Activity
Repeat exactly, and only, the lines below starting at the line that contains "IsOpen latched meanwhile db" and ending at the line that contains "required_then_sound sha now authorization l (ok false, w)", inclusive of both.

[Stored data entries]

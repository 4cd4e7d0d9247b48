-- ===== src/Http/Auth/Guard.antt =====
-- Who passes the authentication.
use mathlib.Core.List.{Memᴰ}
use playwright_distributed.Db.Models.{ApiKey, Database, one_row_ok}
use playwright_distributed.Db.Driver.{World, query}
use playwright_distributed.Base.{
  no_rows, Result, ok, err, ℕ, zero, suc, ◌≡◌, refl, sym, ap, ◌∙◌, subst, ◌⊎◌, inl, inr, Bool, true,
  false, ◌&&◌, ◌||◌, none, some, List, [], ◌∷◌, arith, &&_left, Option-cases, All, All-Memᴰ, Bytes,
  find, find-All, bytes_eq, eq_of_bytes_eq,
}
use playwright_distributed.Http.Auth.{
  Principal, AuthResult, authenticated, bearer_token, counted, requires_authentication, found_key,
  check_token, required_then, authenticate,
}
use playwright_distributed.Db.ApiKeys.{
  is_unrevoked, count_active_api_keys, get_active_api_key_by_hash,
}
use playwright_distributed.Db.Driver.Queries.{query_ok}

-- The holder of an unrevoked key, by the token of the request.
pub record IsKeyHolder (sha : Bytes → Bytes) (authorization : Bytes) (db : Database) (p : Principal)
    : Type 0 where
  pub token : Bytes
  pub key : ApiKey
  pub sent : bearer_token authorization ≡ some token
  pub present : Memᴰ key db.api_keys
  pub same_hash : key.hash ≡ sha token
  pub unrevoked : key.revoked_at ≡ none
  pub named : p.key_id ≡ some key.id

hash_test :
    (sha : Bytes → Bytes) (token : Bytes) (key : ApiKey)
    → (bytes_eq key.hash (sha token) && is_unrevoked key) ≡ true
    → (key.hash ≡ sha token) × (key.revoked_at ≡ none)
hash_test sha token key h =
    (eq_of_bytes_eq key.hash (sha token) (&&_left _ (is_unrevoked key) h), ground arith)

active_found :
    (sha : Bytes → Bytes) (authorization token : Bytes) (db : Database) (key : ApiKey)
    → bearer_token authorization ≡ some token
    → get_active_api_key_by_hash (sha token) db ≡ ok key
    → IsKeyHolder sha authorization db (record { key_id = some key.id })
unfolding get_active_api_key_by_hash
active_found sha authorization token db key e h =
    let f : find (λ k. bytes_eq k.hash (sha token) && is_unrevoked k) db.api_keys ≡ some key =
      one_row_ok _ key h in
    let (test, here_now) =
      find-All (λ k. Memᴰ k db.api_keys) (λ k. bytes_eq k.hash (sha token) && is_unrevoked k)
        db.api_keys key f (All-Memᴰ db.api_keys) in
    let (same, none_revoked) = hash_test sha token key test in
    record {
      token = token;
      key = key;
      sent = e;
      present = here_now;
      same_hash = same;
      unrevoked = none_revoked;
      named = refl;
    }

found_key_sound :
    (now : ℕ) (r : Result ApiKey × World) (p : Principal)
    → (found_key now r).0 ≡ authenticated p
    → (key : ApiKey) × ((r.0 ≡ ok key) × (p ≡ record { key_id = some key.id }))
unfolding found_key
found_key_sound now (ok key, w) p h = (key, (refl, ground arith))
found_key_sound now (err no_rows, w) p h = cc
found_key_sound now (err e, w) p h = cc

check_token_sound :
    (sha : Bytes → Bytes) (now : ℕ) (authorization : Bytes) (w : World) (p : Principal)
    → (check_token sha now (bearer_token authorization) w).0 ≡ authenticated p
    → IsKeyHolder sha authorization w.db p
unfolding check_token
check_token_sound sha now authorization w p h = elim (Option-cases (bearer_token authorization)) [
  | inl e ↦ absurd (ground arith)
  | inr (token, e) ↦
      let g : (found_key now (query (get_active_api_key_by_hash (sha token)) w)).0
          ≡ authenticated p =
        rw (check_token, e) at h in
      let (key, (q, same)) = found_key_sound now _ p g in
      let (hit, kept) = query_ok (get_active_api_key_by_hash (sha token)) w key q in
      subst (IsKeyHolder sha authorization w.db) (sym same)
        (active_found sha authorization token w.db key e hit)
]

-- What an answer to whether a key is needed rests on.
counted_sound :
    (meanwhile b : Bool) (r : Result ℕ × World)
    → (counted meanwhile r).0 ≡ ok b
    → (n : ℕ) × ((r.0 ≡ ok n)
        × (((counted meanwhile r).1 ≡ r.1) × (b ≡ false → (meanwhile ≡ false) × (n ≡ 0))))
unfolding counted
counted_sound meanwhile b (err e, w) h = cc
counted_sound meanwhile b (ok zero, w) h = (0, (refl, (refl, λ f. (ground arith, refl))))
counted_sound meanwhile b (ok (suc n), w) h = (suc n, (refl, (refl, λ f. absurd (ground arith))))

required_sound :
    (latched meanwhile b : Bool) (w : World)
    → (requires_authentication latched meanwhile w).0 ≡ ok b
    → ((requires_authentication latched meanwhile w).1.db ≡ w.db)
      × (b ≡ false → ((latched || meanwhile) ≡ false) × (count_active_api_keys w.db ≡ 0))
unfolding requires_authentication
required_sound true meanwhile b w h = (refl, λ f. absurd (ground arith))
required_sound false meanwhile b w h =
    let (n, (q, (same, empty))) =
      counted_sound meanwhile b (query (λ db. ok (count_active_api_keys db)) w) h in
    let (hit, kept) = query_ok (λ db. ok (count_active_api_keys db)) w n q in
    (ap (λ x. x.db) same ∙ kept, λ f. let (m, z) = empty f in (m, ground arith))

-- A request with no key, where nothing asks for one.
abbrev pub IsOpen : Bool → Bool → Database → Principal → Type 0
IsOpen latched meanwhile db p =
    (p.key_id ≡ none) × (((latched || meanwhile) ≡ false) × (count_active_api_keys db ≡ 0))

required_then_sound :
    (sha : Bytes → Bytes) (now : ℕ) (authorization : Bytes) (l : Bool) (r : Result Bool × World)
    (p : Principal)
    → (required_then sha now authorization l r).0 ≡ authenticated p
    → ((r.0 ≡ ok false) × (p.key_id ≡ none))
      ⊎ ((r.0 ≡ ok true) × IsKeyHolder sha authorization r.1.db p)
unfolding required_then
required_then_sound sha now authorization l (err e, w) p h = cc
required_then_sound sha now authorization l (ok false, w) p h = inl (refl, ground arith)
required_then_sound sha now authorization l (ok true, w) p h =
    inr (refl, check_token_sound sha now authorization w p h)

-- A request that passes names the unrevoked key whose hash is that of its bearer token; or the latch
-- is off and there is no unrevoked key. So it is whichever round trips fail.
pub authenticate_sound :
    (sha : Bytes → Bytes) (now : ℕ) (authorization : Bytes) (meanwhile latched : Bool) (w : World)
    (p : Principal)
    → (authenticate sha now authorization meanwhile latched w).0 ≡ authenticated p
    → IsOpen latched meanwhile w.db p ⊎ IsKeyHolder sha authorization w.db p
unfolding authenticate
authenticate_sound sha now authorization meanwhile latched w p h =
    elim (required_then_sound sha now authorization (latched || meanwhile)
      (requires_authentication latched meanwhile w) p h) [
        | inl (q, n) ↦ inl (n, (required_sound latched meanwhile false w q).1 refl)
        | inr (q, k) ↦ inr (
            subst (λ db. IsKeyHolder sha authorization db p)
              (required_sound latched meanwhile true w q).0 k)
      ]

-- A request as it meets the server.
pub record Request : Type 0 where
  pub authorization : Bytes
  pub now : ℕ
  pub meanwhile : Bool
  pub world : World

abbrev pub answer : (Bytes → Bytes) → Bool → Request → AuthResult × Bool × World
answer sha latched r = authenticate sha r.now r.authorization r.meanwhile latched r.world

-- Requests one after another, each with the tables and replies of its time.
unfoldable pub answers : (Bytes → Bytes) → Bool → List Request → List (Request × AuthResult)
answers sha latched [] = []
answers sha latched (r ∷ rs) =
    (r, (answer sha latched r).0) ∷ answers sha (answer sha latched r).1 rs

-- A request that was let pass holds a key.
abbrev pub NeedsKey : (Bytes → Bytes) → Request × AuthResult → Type 0
NeedsKey sha (r, result) =
    (p : Principal) → result ≡ authenticated p → IsKeyHolder sha r.authorization r.world.db p

latch_stays :
    (sha : Bytes → Bytes) (now : ℕ) (authorization : Bytes) (meanwhile : Bool) (w : World)
    → (authenticate sha now authorization meanwhile true w).1 ≡ true
unfolding authenticate required_then requires_authentication
latch_stays sha now authorization meanwhile w = refl

-- Once the latch is on, every later request that passes holds an unrevoked key, even if all keys have
-- been revoked or deleted since.
pub latched-NeedsKey :
    (sha : Bytes → Bytes) (rs : List Request) → All (NeedsKey sha) (answers sha true rs)
unfolding answers
latched-NeedsKey sha [] = tt
latched-NeedsKey sha (r ∷ rs) = (
  (λ p h. elim (authenticate_sound sha r.now r.authorization r.meanwhile true r.world p h) [
    | inl (n, (l, z)) ↦ absurd (ground arith)
    | inr k ↦ k
  ]),
  subst (λ b. All (NeedsKey sha) (answers sha b rs))
      (sym (latch_stays sha r.now r.authorization r.meanwhile r.world)) (latched-NeedsKey sha rs),
)
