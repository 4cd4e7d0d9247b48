-- ===== src/ApiKeyCommand/Revocation.antt =====
-- A revoked key lets no request pass.

use playwright_distributed.Base.{
  no_rows, Result, ok, err, ℕ, ◌≤◌, ◌≡◌, refl, sym, ap, ◌∙◌, subst, ◌≢◌, inl, inr, Bool, false,
  ◌&&◌, Option, none, some, List, [], ◌∷◌, arith, ◌==◌, Bool-cases, Option-cases, count, All,
  All-mono, All-get_Memᴰ, zero_count, Bytes, update, find, update_clears,
}
use playwright_distributed.Http.Auth.{Principal, authenticated}
use playwright_distributed.Http.Auth.Guard.{authenticate_sound, Request, answer}
use playwright_distributed.ApiKeyCommand.{done, looked_up, revoked, revoke}
use playwright_distributed.Db.Models.{ApiKey, Database, one_row_ok}
use playwright_distributed.Db.Driver.{World, statement}
use playwright_distributed.Db.Driver.Queries.{statement_ok, query_ok}
use playwright_distributed.Db.ApiKeys.{is_unrevoked, get_api_key, revoke_api_key}

-- Every key of that id is revoked.
abbrev pub IsRevoked : ℕ → Database → Type 0
IsRevoked id db = All (λ k. ((k.id == id) && is_unrevoked k) ≡ false) db.api_keys

revoke-IsRevoked :
    (now id : ℕ) (db : Database) (key : ApiKey)
    → (revoke_api_key now id db).0 ≡ ok key
    → IsRevoked id (revoke_api_key now id db).1
unfolding revoke_api_key
revoke-IsRevoked now id db key h =
    elim (Option-cases (find (λ k. (k.id == id) && is_unrevoked k) db.api_keys)) [
      | inl e ↦ absurd (ground arith)
      | inr (k, e) ↦
          let tables : (revoke_api_key now id db).1 ≡ record db {
            api_keys =
                update (λ k. (k.id == id) && is_unrevoked k)
                  (λ k. record k { revoked_at = some now }) db.api_keys;
          } =
            rw (revoke_api_key, e) refl in
          subst (IsRevoked id) (sym tables) (
            update_clears (λ k. (k.id == id) && is_unrevoked k)
              (λ k. record k { revoked_at = some now }) db.api_keys (λ k. ground arith))
    ]

-- The row that a lookup finds is the only one of its id.
found-IsRevoked :
    (id : ℕ) (keys : List ApiKey) (key : ApiKey)
    → count (λ k. k.id == id) keys ≤ 1
    → find (λ k. k.id == id) keys ≡ some key
    → is_unrevoked key ≡ false
    → All (λ k. ((k.id == id) && is_unrevoked k) ≡ false) keys
found-IsRevoked id [] key one f r = tt
found-IsRevoked id (k ∷ ks) key one f r = elim (Bool-cases (k.id == id)) [
  | inl e ↦
      let same : k ≡ key = ground arith in
      let no_more : count (λ x. x.id == id) ks ≡ 0 = ground arith in
      (
        rw same (ground arith),
        All-mono (λ x. (x.id == id) ≡ false) (λ x. ((x.id == id) && is_unrevoked x) ≡ false) ks
            (λ x h. ground arith) (zero_count (λ x. x.id == id) ks no_more),
      )
  | inr e ↦ (ground arith, found-IsRevoked id ks key (ground arith) (ground arith) r)
]

looked_up-done :
    (prints : Bool) (r : Result ApiKey × World)
    → (looked_up prints r).0 ≡ done tt
    → (key : ApiKey) × ((r.0 ≡ ok key)
        × ((is_unrevoked key ≡ false) × ((looked_up prints r).1 ≡ r.1)))
unfolding looked_up
looked_up-done prints (err no_rows, w) h = cc
looked_up-done prints (err e, w) h = cc
looked_up-done prints (ok key, w) h = elim (Bool-cases (is_unrevoked key)) [
  | inl e ↦ absurd (ground arith)
  | inr e ↦ (key, (refl, (e, ground arith)))
]

get_some :
    (id : ℕ) (db : Database) (key : ApiKey)
    → get_api_key id db ≡ ok key
    → find (λ k. k.id == id) db.api_keys ≡ some key
unfolding get_api_key
get_some id db key h = one_row_ok _ key h

-- What is left when Revoke returns without an error.
revoked-done :
    (id : ℕ) (prints : Bool) (others : Database → Database) (r : Result ApiKey × World)
    → ((key : ApiKey) → r.0 ≡ ok key → IsRevoked id r.1.db)
    → count (λ k. k.id == id) (others r.1.db).api_keys ≤ 1
    → (revoked id prints others r).0 ≡ done tt
    → IsRevoked id (revoked id prints others r).1.db
unfolding revoked
revoked-done id prints others (ok key, w) all one h = all key refl
revoked-done id prints others (err no_rows, w) all one h =
    let (key, (hit, (r, same))) = looked_up-done prints _ h in
    let (got, kept) = query_ok (get_api_key id) _ key hit in
    subst (IsRevoked id) (sym (ap (λ x. x.db) same ∙ kept))
      (found-IsRevoked id (others w.db).api_keys key one (get_some id (others w.db) key got) r)
revoked-done id prints others (err e, w) all one h = cc

named_revoked :
    (id : ℕ) (key : ApiKey) (named : Option ℕ)
    → named ≡ some key.id
    → named ≡ some id
    → ((key.id == id) && is_unrevoked key) ≡ false
    → key.revoked_at ≢ none
named_revoked id key named e is_id r u = ground arith

-- Once Revoke has returned without an error, no request that meets the tables it left is let pass as
-- that key, whether this call revoked it or found that it was; where that id names at most one row when
-- the second statement runs.
pub revoke_stays_out :
    (now id : ℕ) (prints : Bool) (others : Database → Database) (w : World) (sha : Bytes → Bytes)
    (request : Request) (latched : Bool) (p : Principal)
    → count (λ k. k.id == id) (others (statement (revoke_api_key now id) w).1.db).api_keys ≤ 1
    → (revoke now id prints others w).0 ≡ done tt
    → request.world.db ≡ (revoke now id prints others w).1.db
    → (answer sha latched request).0 ≡ authenticated p
    → p.key_id ≢ some id
unfolding revoke
revoke_stays_out now id prints others w sha request latched p one h at_db passed is_id =
    let gone : IsRevoked id request.world.db = subst (IsRevoked id) (sym at_db) (
      revoked-done id prints others (statement (revoke_api_key now id) w)
        (λ key hit.
          let (ran, kept) = statement_ok (revoke_api_key now id) w key hit in
          subst (IsRevoked id) (sym kept) (revoke-IsRevoked now id w.db key ran))
        one h) in
    elim (authenticate_sound sha request.now request.authorization request.meanwhile latched
      request.world p passed) [
        | inl (n, rest) ↦ let q : none ≡ some id = sym n ∙ is_id in cc
        | inr holder ↦
            named_revoked id holder.key p.key_id holder.named is_id
              (All-get_Memᴰ (λ k. ((k.id == id) && is_unrevoked k) ≡ false)
                request.world.db.api_keys holder.key holder.present gone)
              holder.unrevoked
      ]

Completed task
IsOpen latched meanwhile db p =
    (p.key_id ≡ none) × (((latched || meanwhile) ≡ false) × (count_active_api_keys db ≡ 0))

required_then_sound :
    (sha : Bytes → Bytes) (now : ℕ) (authorization : Bytes) (l : Bool) (r : Result Bool × World)
    (p : Principal)
    → (required_then sha now authorization l r).0 ≡ authenticated p
    → ((r.0 ≡ ok false) × (p.key_id ≡ none))
      ⊎ ((r.0 ≡ ok true) × IsKeyHolder sha authorization r.1.db p)
unfolding required_then
required_then_sound sha now authorization l (err e, w) p h = cc
required_then_sound sha now authorization l (ok false, w) p h = inl (refl, ground arith)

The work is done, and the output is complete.